Jesus existiu? Essa pergunta, hoje, não é só ultrapassada, ela é cafona. Até o século 19, existiam autores que tentaram pôr em dúvida a existência histórica de Jesus Cristo, mas, hoje, ninguém sério mais faz isso.
Claro que uma coisa é você saber que houve um judeu chamado Jesus no período do segundo templo de Jerusalém, no qual a Israel antiga estava sob o domínio romano. Outra é você crer que ele ressuscitou. Este relato já não faz parte do conjunto de evidências que sustentam a existência histórica de Jesus de Nazaré.
Por outro lado, narrativas como aquela em que o discípulo cético Tomé pede a Jesus que mostre a ele suas chagas para que ele as toque, a fim de provar que Jesus havia voltado da morte com seu próprio corpo, é orgânica com o conjunto de crenças judaicas da época.
Para os judeus, vencer a morte era voltar dela com o corpo —e não apenas vagar por aí como uma alma penada.
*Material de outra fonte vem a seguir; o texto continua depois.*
-- ===== src/Gateway/Filter.antt =====
-- atlas_gateway/src/mosquitto_plugin/filter: AtlasPacketPolicer.cpp and AtlasFilter.cpp, the
-- firewall that the gateway's plug-in puts into the broker.
pub mod Limits
pub mod Commands
use resfit.Prelude.{
  ℕ, ◌+◌, ◌%◌, Bool, true, false, ◌&&◌, Option, none, some, List, [], ◌∷◌, ◌++◌, ltb, ◌==◌,
  if◌then◌else◌, length, Exec, ok, ub, ◌>>=◌,
}
use resfit.Prelude.Memory.{Bytes}
use resfit.Prelude.Text.{str_eq}
use resfit.Gateway.Types
use resfit.Gateway.Batch.{
  AtlasCommand, atlas_command, received_commands, serialized_commands, nested_command,
}
use resfit.Gateway.Values.{value_text, value_u16, htonl, host_bytes32, for_commands}
use resfit.Gateway.Maps.{Dict, find, store, erase, for_each}

-- A packet as far as it is looked at; the source has a client id or NULL.
pub record AtlasPacket : Type 0 where
  pub src_client_id : Option Bytes
  pub dst_client_id : Bytes
  pub qos : ℕ
  pub payload_len : ℕ

pub record AtlasPacketPolicer : Type 0 where
  pub window_ppm : ℕ
  pub max_qos : ℕ
  pub ppm : ℕ
  pub max_payload_len : ℕ
  pub stat_pkt_drop : ℕ
  pub stat_pkt_pass : ℕ

-- Numbers of type uint32_t.
abbrev pub u32_mod : ℕ
u32_mod = 4294967296

-- The constructor takes a uint8_t and two uint16_t.
abbrev pub packet_policer : (max_qos ppm max_payload_len : ℕ) → AtlasPacketPolicer
packet_policer max_qos ppm max_payload_len = record {
  window_ppm = 0;
  max_qos = max_qos % 256;
  ppm = ppm % 65536;
  max_payload_len = max_payload_len % 65536;
  stat_pkt_drop = 0;
  stat_pkt_pass = 0;
}

-- The label DROP, and the way past it.
abbrev policer_drop : AtlasPacketPolicer → AtlasPacketPolicer × Bool
policer_drop p = (record p { stat_pkt_drop = (p.stat_pkt_drop + 1) % u32_mod }, false)

abbrev policer_pass : AtlasPacketPolicer → AtlasPacketPolicer × Bool
policer_pass p = (record p { stat_pkt_pass = (p.stat_pkt_pass + 1) % u32_mod }, true)

abbrev policer_check : AtlasPacketPolicer → AtlasPacket → AtlasPacketPolicer × Bool
policer_check p pkt =
    if ltb p.max_qos pkt.qos
    then policer_drop p
    else if ltb p.max_payload_len pkt.payload_len
    then policer_drop p
    else if ltb p.ppm p.window_ppm
    then policer_drop p
    else policer_pass p

-- `AtlasPacketPolicer::filter`: the counter of the window counts every packet
unfoldable pub policer_filter : AtlasPacketPolicer → AtlasPacket → AtlasPacketPolicer × Bool
policer_filter p pkt = policer_check (record p { window_ppm = (p.window_ppm + 1) % u32_mod }) pkt

abbrev pub rate_limit_window_start : AtlasPacketPolicer → AtlasPacketPolicer
rate_limit_window_start p = record p { window_ppm = 0 }

pub record AtlasPacketStats : Type 0 where
  pub passed_pkts : ℕ
  pub dropped_pkts : ℕ

abbrev pub packet_stats : AtlasPacketStats
packet_stats = record { passed_pkts = 0; dropped_pkts = 0 }

-- `incPassedPkts` and `incDroppedPkts`
abbrev pub inc_pkts : Bool → AtlasPacketStats → AtlasPacketStats
inc_pkts true s = record s { passed_pkts = (s.passed_pkts + 1) % u32_mod }
inc_pkts false s = record s { dropped_pkts = (s.dropped_pkts + 1) % u32_mod }

-- The maps of the filter, and what it has written to the gateway.
pub record AtlasFilter : Type 0 where
  pub rules : Dict AtlasPacketPolicer
  pub tx_pkt_stats : Dict AtlasPacketStats
  pub to_gateway : List Bytes

-- The timer starts a new window for every rule, if it ran out without an error.
unfoldable pub timer_handler : AtlasFilter → (ec : Bool) → AtlasFilter
timer_handler f ec = if ec then f else record f { rules = for_each rate_limit_window_start f.rules }

abbrev pub with_rule :
    AtlasFilter → Bytes → AtlasPacket → Option AtlasPacketPolicer → AtlasFilter × Bool
with_rule f dst pkt none = (f, true)
with_rule f dst pkt (some p) =
    let (p', process_pkt) = policer_filter p pkt in
    (record f { rules = store dst p' f.rules }, process_pkt)

abbrev tx_found : AtlasFilter → Bytes → Bool → Option AtlasPacketStats → AtlasFilter
tx_found f src process_pkt none = f
tx_found f src process_pkt (some s) = record f {
  tx_pkt_stats = store src (inc_pkts process_pkt s) f.tx_pkt_stats;
}

abbrev pub count_tx : AtlasFilter → Option Bytes → Bool → AtlasFilter
count_tx f none process_pkt = f
count_tx f (some src) process_pkt = tx_found f src process_pkt (find src f.tx_pkt_stats)

-- `AtlasFilter::filter`
pub filter : AtlasFilter → AtlasPacket → AtlasFilter × Bool
unfolding policer_filter
filter f pkt =
    let (f', process_pkt) = with_rule f pkt.dst_client_id pkt (find pkt.dst_client_id f.rules) in
    (count_tx f' pkt.src_client_id process_pkt, process_pkt)

-- What `installFirewallRule` has read so far.
pub record Rule : Type 0 where
  pub client_id : Bytes
  pub max_qos : Option ℕ
  pub ppm : Option ℕ
  pub max_payload_len : Option ℕ

abbrev pub no_rule : Rule
no_rule = record { client_id = []; max_qos = none; ppm = none; max_payload_len = none }

pub rule_body : Rule → AtlasCommand → Exec Rule
rule_body r cmd =
    if cmd.type == Types.pub_sub_client_id
    then (do id ← value_text cmd; ok (record r { client_id = id }))
    else if (cmd.type == Types.pub_sub_max_qos) && (cmd.len == 2)
    then (do x ← value_u16 cmd; ok (record r { max_qos = some x }))
    else if (cmd.type == Types.pub_sub_ppm) && (cmd.len == 2)
    then (do x ← value_u16 cmd; ok (record r { ppm = some x }))
    else if (cmd.type == Types.pub_sub_max_payload_len) && (cmd.len == 2)
    then (do x ← value_u16 cmd; ok (record r { max_payload_len = some x }))
    else ok r

abbrev install_found : AtlasFilter → Bytes → (qos ppm len : Option ℕ) → AtlasFilter
install_found f id (some qos) (some ppm) (some len) = record f {
  rules = store id (packet_policer qos ppm len) f.rules;
  tx_pkt_stats = store id packet_stats f.tx_pkt_stats;
}
install_found f id _ _ _ = f

unfoldable pub install_rule : AtlasFilter → Rule → AtlasFilter
install_rule f r =
    if str_eq r.client_id []
    then f
    else install_found f r.client_id r.max_qos r.ppm r.max_payload_len

pub install_firewall_rule :
    AtlasFilter → (cmd_buf : Option Bytes) → (cmd_len : ℕ) → Exec AtlasFilter
unfolding rule_body install_rule
install_firewall_rule f cmd_buf cmd_len = do
  cmds ← received_commands cmd_buf cmd_len
  r ← for_commands rule_body no_rule cmds
  ok (install_rule f r)

pub client_id_body : Bytes → AtlasCommand → Exec Bytes
client_id_body id cmd = if cmd.type == Types.pub_sub_client_id then value_text cmd else ok id

unfoldable pub remove_rule : AtlasFilter → Bytes → AtlasFilter
remove_rule f id =
    if str_eq id []
    then f
    else record f { rules = erase id f.rules; tx_pkt_stats = erase id f.tx_pkt_stats }

pub remove_firewall_rule : AtlasFilter → (cmd_buf : Option Bytes) → (cmd_len : ℕ) → Exec AtlasFilter
unfolding client_id_body remove_rule
remove_firewall_rule f cmd_buf cmd_len = do
  cmds ← received_commands cmd_buf cmd_len
  id ← for_commands client_id_body [] cmds
  ok (remove_rule f id)

-- The commands of `writeFirewallStats`.
abbrev pub stats_commands :
    (client_id : Bytes)
    → (rule_dropped_pkts rule_passed_pkts tx_dropped_pkts tx_passed_pkts : ℕ) → List AtlasCommand
stats_commands client_id rule_dropped_pkts rule_passed_pkts tx_dropped_pkts tx_passed_pkts =
    atlas_command Types.pub_sub_client_id (length client_id) (some client_id)
    ∷ atlas_command Types.pub_sub_pkt_drop 4 (some (host_bytes32 (htonl rule_dropped_pkts)))
    ∷ atlas_command Types.pub_sub_pkt_pass 4 (some (host_bytes32 (htonl rule_passed_pkts)))
    ∷ atlas_command Types.pub_sub_tx_pkt_drop 4 (some (host_bytes32 (htonl tx_dropped_pkts)))
    ∷ atlas_command Types.pub_sub_tx_pkt_pass 4 (some (host_bytes32 (htonl tx_passed_pkts)))
    ∷ []

abbrev pub write_bytes : AtlasFilter → Option Bytes → AtlasFilter
write_bytes f none = f
write_bytes f (some bytes) = record f { to_gateway = f.to_gateway ++ bytes ∷ [] }

unfoldable pub write_firewall_stats :
    AtlasFilter
    → (client_id : Bytes) → (rule_dropped_pkts rule_passed_pkts tx_dropped_pkts tx_passed_pkts : ℕ)
    → Exec AtlasFilter
write_firewall_stats f client_id rule_dropped_pkts rule_passed_pkts tx_dropped_pkts tx_passed_pkts =
    do
      outer_cmd ← nested_command Types.pub_sub_put_stat_firewall_rule (
          stats_commands client_id rule_dropped_pkts rule_passed_pkts tx_dropped_pkts
            tx_passed_pkts)
      ok (write_bytes f outer_cmd)

abbrev pub or_new : Option AtlasPacketStats → AtlasPacketStats
or_new none = packet_stats
or_new (some s) = s

-- The numbers are read and set to 0. `rules_[clientId]` makes a rule where there is none, whose
-- members are not initialised, so that reading them is undefined.
unfoldable pub read_stats :
    AtlasFilter → Bytes → Option AtlasPacketPolicer → AtlasPacketStats → Exec AtlasFilter
unfolding write_firewall_stats
read_stats f id none s = ub
read_stats f id (some p) s =
    write_firewall_stats
      (record f {
        rules = store id (record p { stat_pkt_drop = 0; stat_pkt_pass = 0 }) f.rules;
        tx_pkt_stats = store id packet_stats f.tx_pkt_stats;
      })
      id p.stat_pkt_drop p.stat_pkt_pass s.dropped_pkts s.passed_pkts

unfoldable pub rule_stats : AtlasFilter → Bytes → Exec AtlasFilter
unfolding read_stats
rule_stats f id =
    if str_eq id []
    then ok f
    else read_stats f id (find id f.rules) (or_new (find id f.tx_pkt_stats))

pub get_firewall_rule_stats :
    AtlasFilter → (cmd_buf : Option Bytes) → (cmd_len : ℕ) → Exec AtlasFilter
unfolding client_id_body rule_stats
get_firewall_rule_stats f cmd_buf cmd_len = do
  cmds ← received_commands cmd_buf cmd_len
  id ← for_commands client_id_body [] cmds
  rule_stats f id

pub command_body : AtlasFilter → AtlasCommand → Exec AtlasFilter
unfolding install_firewall_rule remove_firewall_rule get_firewall_rule_stats
command_body f cmd =
    if cmd.type == Types.pub_sub_install_firewall_rule
    then install_firewall_rule f cmd.val cmd.len
    else if cmd.type == Types.pub_sub_remove_firewall_rule
    then remove_firewall_rule f cmd.val cmd.len
    else if cmd.type == Types.pub_sub_get_stat_firewall_rule
    then get_firewall_rule_stats f cmd.val cmd.len
    else ok f

unfoldable pub process_command :
    AtlasFilter → (cmd_buffer : Option Bytes) → (cmd_len : ℕ) → Exec AtlasFilter
unfolding command_body
process_command f cmd_buffer cmd_len = do
  cmds ← received_commands cmd_buffer cmd_len
  for_commands command_body f cmds

-- `gatewayConnect` removes all rules, and asks for those of the gateway once it is connected.
pub gateway_connect : AtlasFilter → Exec AtlasFilter
gateway_connect f = do
  bytes ← serialized_commands (atlas_command Types.get_all_pub_sub_firewall_rules 0 none ∷ [])
  ok (write_bytes (record f { rules = [] }) bytes)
Espíritos de mortos vagando no mundo tinham em toda esquina. Quem criou essa narrativa conhecia esse conjunto de crenças da época.
A fortuna crítica sobre Jesus é vastíssima e de alto nível. Para quem estuda religiões, é sabido que o substantivo "religião" tem vários sentidos. Por exemplo, religião é uma coisa para uma senhorinha católica que reza o terço e vai à missa. É outra coisa para o rabino estudioso e responsável pela vida espiritual de uma comunidade judaica. E ainda outra para um estudioso do fenômeno histórico que costumamos chamar de religião para facilitar o entendimento entre nós.
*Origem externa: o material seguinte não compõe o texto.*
-- ===== src/Gateway/Filter/Commands.antt =====
-- What the plug-in makes of the commands of the gateway, byte for byte as the gateway writes them.
use resfit.Prelude.{
  ℕ, ◌≤◌, ◌<◌, ◌≡◌, refl, ap, ◌∙◌, some, List, [], ◌∷◌, map, arith, length, length-append, Exec, ok,
  ◌>>=◌, ub, spent,
}
use resfit.Prelude.Memory.{Bytes, be16, u16}
use resfit.Command.Frame.{Frame, frame, IsFrame, AllFrames, encode}
use resfit.Gateway.Types
use resfit.Gateway.Batch.{received_commands}
use resfit.Gateway.Batch.Writing.{command_of}
use resfit.Gateway.Batch.Parsing.{received_commands-encode}
use resfit.Gateway.Values.{for_commands, value_text-command_of, value_u16-be16}
use resfit.Gateway.State.{AtlasFirewallPolicy}
use resfit.Gateway.Filter.{
  AtlasFilter, no_rule, rule_body, install_rule, install_firewall_rule, client_id_body, remove_rule,
  remove_firewall_rule, rule_stats, get_firewall_rule_stats, command_body, process_command,
}

-- The identities and numbers of a policy fit their fields.
pub record IsPolicy (p : AtlasFirewallPolicy) : Type 0 where
  pub short_client_id : length p.client_id ≤ 64
  pub qos_fits : p.qos < 65536
  pub ppm_fits : p.ppm < 65536
  pub payload_len_fits : p.payload_len < 65536

abbrev pub id_frame : Bytes → Frame
id_frame id = frame Types.pub_sub_client_id id

abbrev pub limit_frames : AtlasFirewallPolicy → List Frame
limit_frames p =
    frame Types.pub_sub_max_qos (be16 p.qos)
    ∷ frame Types.pub_sub_ppm (be16 p.ppm)
    ∷ frame Types.pub_sub_max_payload_len (be16 p.payload_len)
    ∷ []

abbrev pub policy_frames : AtlasFirewallPolicy → List Frame
policy_frames p = id_frame p.client_id ∷ limit_frames p

pub id_IsFrame : (type : ℕ) (id : Bytes) → type < 65536 → length id ≤ 64 → IsFrame (frame type id)
id_IsFrame type id t h = record { type_fits = t; value_fits = omega arith }

pub policy_frames-AllFrames : (p : AtlasFirewallPolicy) → IsPolicy p → AllFrames (policy_frames p)
policy_frames-AllFrames p h = (
  id_IsFrame _ p.client_id (omega arith) h.short_client_id,
  (
    record { type_fits = omega arith; value_fits = omega arith },
    (
      record { type_fits = omega arith; value_fits = omega arith },
      (record { type_fits = omega arith; value_fits = omega arith }, tt),
    ),
  ),
)

pub policy_frames-length :
    (p : AtlasFirewallPolicy) → IsPolicy p → length (encode (policy_frames p)) < 65536
policy_frames-length p h =
    omega (arith, h.short_client_id, length-append p.client_id (encode (limit_frames p)))

rule_read :
    (p : AtlasFirewallPolicy)
    → IsPolicy p
    → for_commands rule_body no_rule (map command_of (policy_frames p))
      ≡ ok (record {
        client_id = p.client_id;
        max_qos = some p.qos;
        ppm = some p.ppm;
        max_payload_len = some p.payload_len;
      })
unfolding rule_body
rule_read p h = rw (
  value_text-command_of (id_frame p.client_id)
      (id_IsFrame _ p.client_id (omega arith) h.short_client_id),
  value_u16-be16 Types.pub_sub_max_qos p.qos h.qos_fits,
  value_u16-be16 Types.pub_sub_ppm p.ppm h.ppm_fits,
  value_u16-be16 Types.pub_sub_max_payload_len p.payload_len h.payload_len_fits,
)

pub bind_ok {ℓ} : {A : Type ℓ} (m : Exec A) → (m >>= λ a. ok a) ≡ m
bind_ok (ok a) = refl
bind_ok ub = refl
bind_ok spent = refl

abbrev pub around : ℕ → List Frame → Frame
around type fs = frame type (encode fs)

pub around-IsFrame :
    (type : ℕ) (fs : List Frame)
    → type < 65536
    → length (encode fs) < 65536
    → IsFrame (around type fs)
around-IsFrame type fs t h = record { type_fits = t; value_fits = h }

-- The plug-in reads a message with one command.
pub process_command-one :
    (f : AtlasFilter) (frm : Frame)
    → IsFrame frm
    → process_command f (some (encode (frm ∷ []))) (length (encode (frm ∷ [])))
      ≡ command_body f (command_of frm)
unfolding process_command
process_command-one f frm all =
    ap (λ m. m >>= for_commands command_body f) (received_commands-encode frm [] (all, tt))
    ∙ bind_ok (command_body f (command_of frm))

-- The commands inside another are read with the length that the 16 bits of the outer one give.
pub received_inside :
    (frm : Frame) (fs : List Frame)
    → AllFrames (frm ∷ fs)
    → length (encode (frm ∷ fs)) < 65536
    → received_commands (some (encode (frm ∷ fs))) (u16 (length (encode (frm ∷ fs))))
      ≡ ok (map command_of (frm ∷ fs))
received_inside frm fs all small =
    let same : u16 (length (encode (frm ∷ fs))) ≡ length (encode (frm ∷ fs)) = omega arith in
    ap (received_commands (some (encode (frm ∷ fs)))) same ∙ received_commands-encode frm fs all

pub process_command-install :
    (f : AtlasFilter) (p : AtlasFirewallPolicy)
    → IsPolicy p
    → let bytes = encode (around Types.pub_sub_install_firewall_rule (policy_frames p) ∷ []) in
      process_command f (some bytes) (length bytes)
      ≡ ok (
          install_rule f (record {
            client_id = p.client_id;
            max_qos = some p.qos;
            ppm = some p.ppm;
            max_payload_len = some p.payload_len;
          }))
unfolding command_body install_firewall_rule
process_command-install f p h =
    process_command-one f (around Types.pub_sub_install_firewall_rule (policy_frames p))
      (around-IsFrame _ (policy_frames p) (omega arith) (policy_frames-length p h))
    ∙ ap (λ m. m >>= λ cmds. for_commands rule_body no_rule cmds >>= λ r. ok (install_rule f r))
        (received_inside (id_frame p.client_id) (limit_frames p) (policy_frames-AllFrames p h)
          (policy_frames-length p h))
    ∙ ap (λ m. m >>= λ r. ok (install_rule f r)) (rule_read p h)

pub id_frames-length : (id : Bytes) → length id ≤ 64 → length (encode (id_frame id ∷ [])) < 65536
id_frames-length id h = omega (arith, length-append id [])

-- The client id of the two other commands.
id_read :
    (id : Bytes)
    → length id ≤ 64
    → for_commands client_id_body [] (map command_of (id_frame id ∷ [])) ≡ ok id
unfolding client_id_body
id_read id h = rw (value_text-command_of (id_frame id) (id_IsFrame _ id (omega arith) h))

pub process_command-remove :
    (f : AtlasFilter) (id : Bytes)
    → length id ≤ 64
    → let bytes = encode (around Types.pub_sub_remove_firewall_rule (id_frame id ∷ []) ∷ []) in
      process_command f (some bytes) (length bytes) ≡ ok (remove_rule f id)
unfolding command_body remove_firewall_rule
process_command-remove f id h =
    process_command-one f (around Types.pub_sub_remove_firewall_rule (id_frame id ∷ []))
      (around-IsFrame _ (id_frame id ∷ []) (omega arith) (id_frames-length id h))
    ∙ ap (λ m. m >>= λ cmds. for_commands client_id_body [] cmds >>= λ id. ok (remove_rule f id))
        (received_inside (id_frame id) []
          (id_IsFrame Types.pub_sub_client_id id (omega arith) h, tt) (id_frames-length id h))
    ∙ ap (λ m. m >>= λ id. ok (remove_rule f id)) (id_read id h)

pub process_command-get_stats :
    (f : AtlasFilter) (id : Bytes)
    → length id ≤ 64
    → let bytes = encode (around Types.pub_sub_get_stat_firewall_rule (id_frame id ∷ []) ∷ []) in
      process_command f (some bytes) (length bytes) ≡ rule_stats f id
unfolding command_body get_firewall_rule_stats
process_command-get_stats f id h =
    process_command-one f (around Types.pub_sub_get_stat_firewall_rule (id_frame id ∷ []))
      (around-IsFrame _ (id_frame id ∷ []) (omega arith) (id_frames-length id h))
    ∙ ap (λ m. m >>= λ cmds. for_commands client_id_body [] cmds >>= rule_stats f)
        (received_inside (id_frame id) []
          (id_IsFrame Types.pub_sub_client_id id (omega arith) h, tt) (id_frames-length id h))
    ∙ ap (λ m. m >>= rule_stats f) (id_read id h)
Em português, temos alguns volumes excelentes sobre o personagem histórico e o seu contexto social, político e espiritual.
O livro "Jesus Fora do Novo Testamento: Uma Introdução às Evidências Primitivas" de Robert R. Van Voorst, da editora Biblioteca Teológica, é rico no tratamento do personagem histórico Jesus a partir de fontes clássicas, judaicas, canônicas e pós-canônicas.
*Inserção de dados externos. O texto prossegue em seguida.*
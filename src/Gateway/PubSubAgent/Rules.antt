-- ===== src/Gateway/PubSubAgent/Rules.antt =====
-- From the gateway to the plug-in: what the gateway writes becomes rules of the firewall.
use resfit.Prelude.{
  ◌≤◌, ◌≡◌, ◌≢◌, ap, ◌∙◌, true, none, some, List, [], ◌∷◌, ◌++◌, map, arith, length, if◌then◌else◌,
  cond_true, cond_false, ok, ◌>>=◌,
}
use resfit.Prelude.Memory.{Bytes, host_bytes-htons}
use resfit.Prelude.Text.{str_eq, text_differs}
use resfit.Command.Frame.{encode}
use resfit.Gateway.Types
use resfit.Gateway.Batch.{AtlasCommand, atlas_command, nested_command}
use resfit.Gateway.Batch.Writing.{command_of, nested_command-encode}
use resfit.Gateway.Maps.{find, find-store, find-erase}
use resfit.Gateway.State.{AtlasFirewallPolicy, Gateway}
use resfit.Gateway.PubSubAgent.{write, policy_commands, install_firewall_rule, remove_firewall_rule}
use resfit.Gateway.Filter.{AtlasFilter, packet_policer, install_rule, remove_rule, process_command}
use resfit.Gateway.Filter.Commands.{
  IsPolicy, policy_frames, policy_frames-AllFrames, policy_frames-length, id_frame, id_IsFrame,
  id_frames-length, around, process_command-install, process_command-remove, limit_frames,
}

abbrev pub install_bytes : AtlasFirewallPolicy → Bytes
install_bytes p = encode (around Types.pub_sub_install_firewall_rule (policy_frames p) ∷ [])

abbrev pub remove_bytes : Bytes → Bytes
remove_bytes id = encode (around Types.pub_sub_remove_firewall_rule (id_frame id ∷ []) ∷ [])

-- The gateway with one more message to the plug-in.
abbrev pub sent : Bytes → Gateway → Gateway
sent bytes g = record g { to_agent = g.to_agent ++ bytes ∷ [] }

policy_commands-frames :
    (p : AtlasFirewallPolicy) → IsPolicy p → policy_commands p ≡ map command_of (policy_frames p)
policy_commands-frames p h =
    let with_limits : Bytes → Bytes → Bytes → List AtlasCommand = λ q m l.
      command_of (id_frame p.client_id)
      ∷ atlas_command Types.pub_sub_max_qos 2 (some q)
      ∷ atlas_command Types.pub_sub_ppm 2 (some m)
      ∷ atlas_command Types.pub_sub_max_payload_len 2 (some l)
      ∷ [] in
    λ i.
      with_limits (host_bytes-htons p.qos h.qos_fits i) (host_bytes-htons p.ppm h.ppm_fits i)
        (host_bytes-htons p.payload_len h.payload_len_fits i)

-- A connected gateway writes the bytes of the rule.
pub install_firewall_rule_lem :
    (g : Gateway) (id : Bytes) (p : AtlasFirewallPolicy)
    → IsPolicy p
    → g.connected ≡ true
    → install_firewall_rule g id (some p) ≡ ok (sent (install_bytes p) g)
unfolding install_firewall_rule
install_firewall_rule_lem g id p h up =
    ap
      (λ cmds.
        nested_command Types.pub_sub_install_firewall_rule cmds >>= λ outer. ok (write g outer))
      (policy_commands-frames p h)
    ∙ ap (λ m. m >>= λ outer. ok (write g outer))
        (nested_command-encode Types.pub_sub_install_firewall_rule (id_frame p.client_id)
          (limit_frames p) (omega arith) (policy_frames-AllFrames p h) (policy_frames-length p h))
    ∙ ap ok (cond_true _ _ up)

pub remove_firewall_rule_lem :
    (g : Gateway) (id : Bytes)
    → length id ≤ 64
    → id ≢ []
    → g.connected ≡ true
    → remove_firewall_rule g id ≡ ok (sent (remove_bytes id) g)
unfolding remove_firewall_rule
remove_firewall_rule_lem g id h ne up =
    cond_false _ _ (text_differs id [] ne)
    ∙ ap (λ m. m >>= λ outer. ok (write g outer))
        (nested_command-encode Types.pub_sub_remove_firewall_rule (id_frame id) [] (omega arith)
          (id_IsFrame Types.pub_sub_client_id id (omega arith) h, tt) (id_frames-length id h))
    ∙ ap ok (cond_true _ _ up)

-- If the plug-in is connected and the client id is not empty, with at most 64 bytes, a policy whose
-- values fit 16 bits reaches the firewall: the message that the gateway writes gives the client a
-- new rule with its values, of which the filter keeps eight bits of the QoS, and no other rule
-- changes.
pub install_firewall_rule-process_command :
    (g : Gateway) (f : AtlasFilter) (id : Bytes) (p : AtlasFirewallPolicy)
    → IsPolicy p
    → p.client_id ≢ []
    → g.connected ≡ true
    → (bytes : Bytes) × (install_firewall_rule g id (some p) ≡ ok (sent bytes g))
      × ((f' : AtlasFilter) × (process_command f (some bytes) (length bytes) ≡ ok f')
          × ((d : Bytes)
              → find d f'.rules ≡ (
                  if str_eq p.client_id d
                  then some (packet_policer p.qos p.ppm p.payload_len)
                  else find d f.rules)))
unfolding install_rule
install_firewall_rule-process_command g f id p h ne up = (
  install_bytes p,
  install_firewall_rule_lem g id p h up,
  (
    _,
    process_command-install f p h ∙ ap ok (cond_false _ _ (text_differs p.client_id [] ne)),
    λ d. find-store d p.client_id (packet_policer p.qos p.ppm p.payload_len) f.rules,
  ),
)

-- Under the same conditions on the client id, the message by which the gateway removes a rule
-- leaves the firewall without a rule for the client, and changes no other rule.
pub remove_firewall_rule-process_command :
    (g : Gateway) (f : AtlasFilter) (id : Bytes)
    → length id ≤ 64
    → id ≢ []
    → g.connected ≡ true
    → (bytes : Bytes) × (remove_firewall_rule g id ≡ ok (sent bytes g))
      × ((f' : AtlasFilter) × (process_command f (some bytes) (length bytes) ≡ ok f')
          × ((d : Bytes) → find d f'.rules ≡ (if str_eq id d then none else find d f.rules)))
unfolding remove_rule
remove_firewall_rule-process_command g f id h ne up = (
  remove_bytes id,
  remove_firewall_rule_lem g id h ne up,
  (
    _,
    process_command-remove f id h ∙ ap ok (cond_false _ _ (text_differs id [] ne)),
    λ d. find-erase d id f.rules,
  ),
)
O livro "Jesus", do historiador israelense David Flusser, pela editora Perspectiva, é indispensável. Entre outras características, um dos eixos argumentativos centrais é a constatação de que o que está descrito nos evangelhos sinóticos —Marcos, Mateus e Lucas— é historicamente consistente com a época, seja em suas estruturas de poder dentro da sociedade israelita de então, seja no tocante ao ensino de um judeu típico da sua época, como era Jesus.
Aquele mais tarde chamado de "O Cristo" —o ungido—, ao contrário do que muita gente pensou e pensa por aí, era um judeu "liberal" que nunca pensou em inventar nenhuma religião nova.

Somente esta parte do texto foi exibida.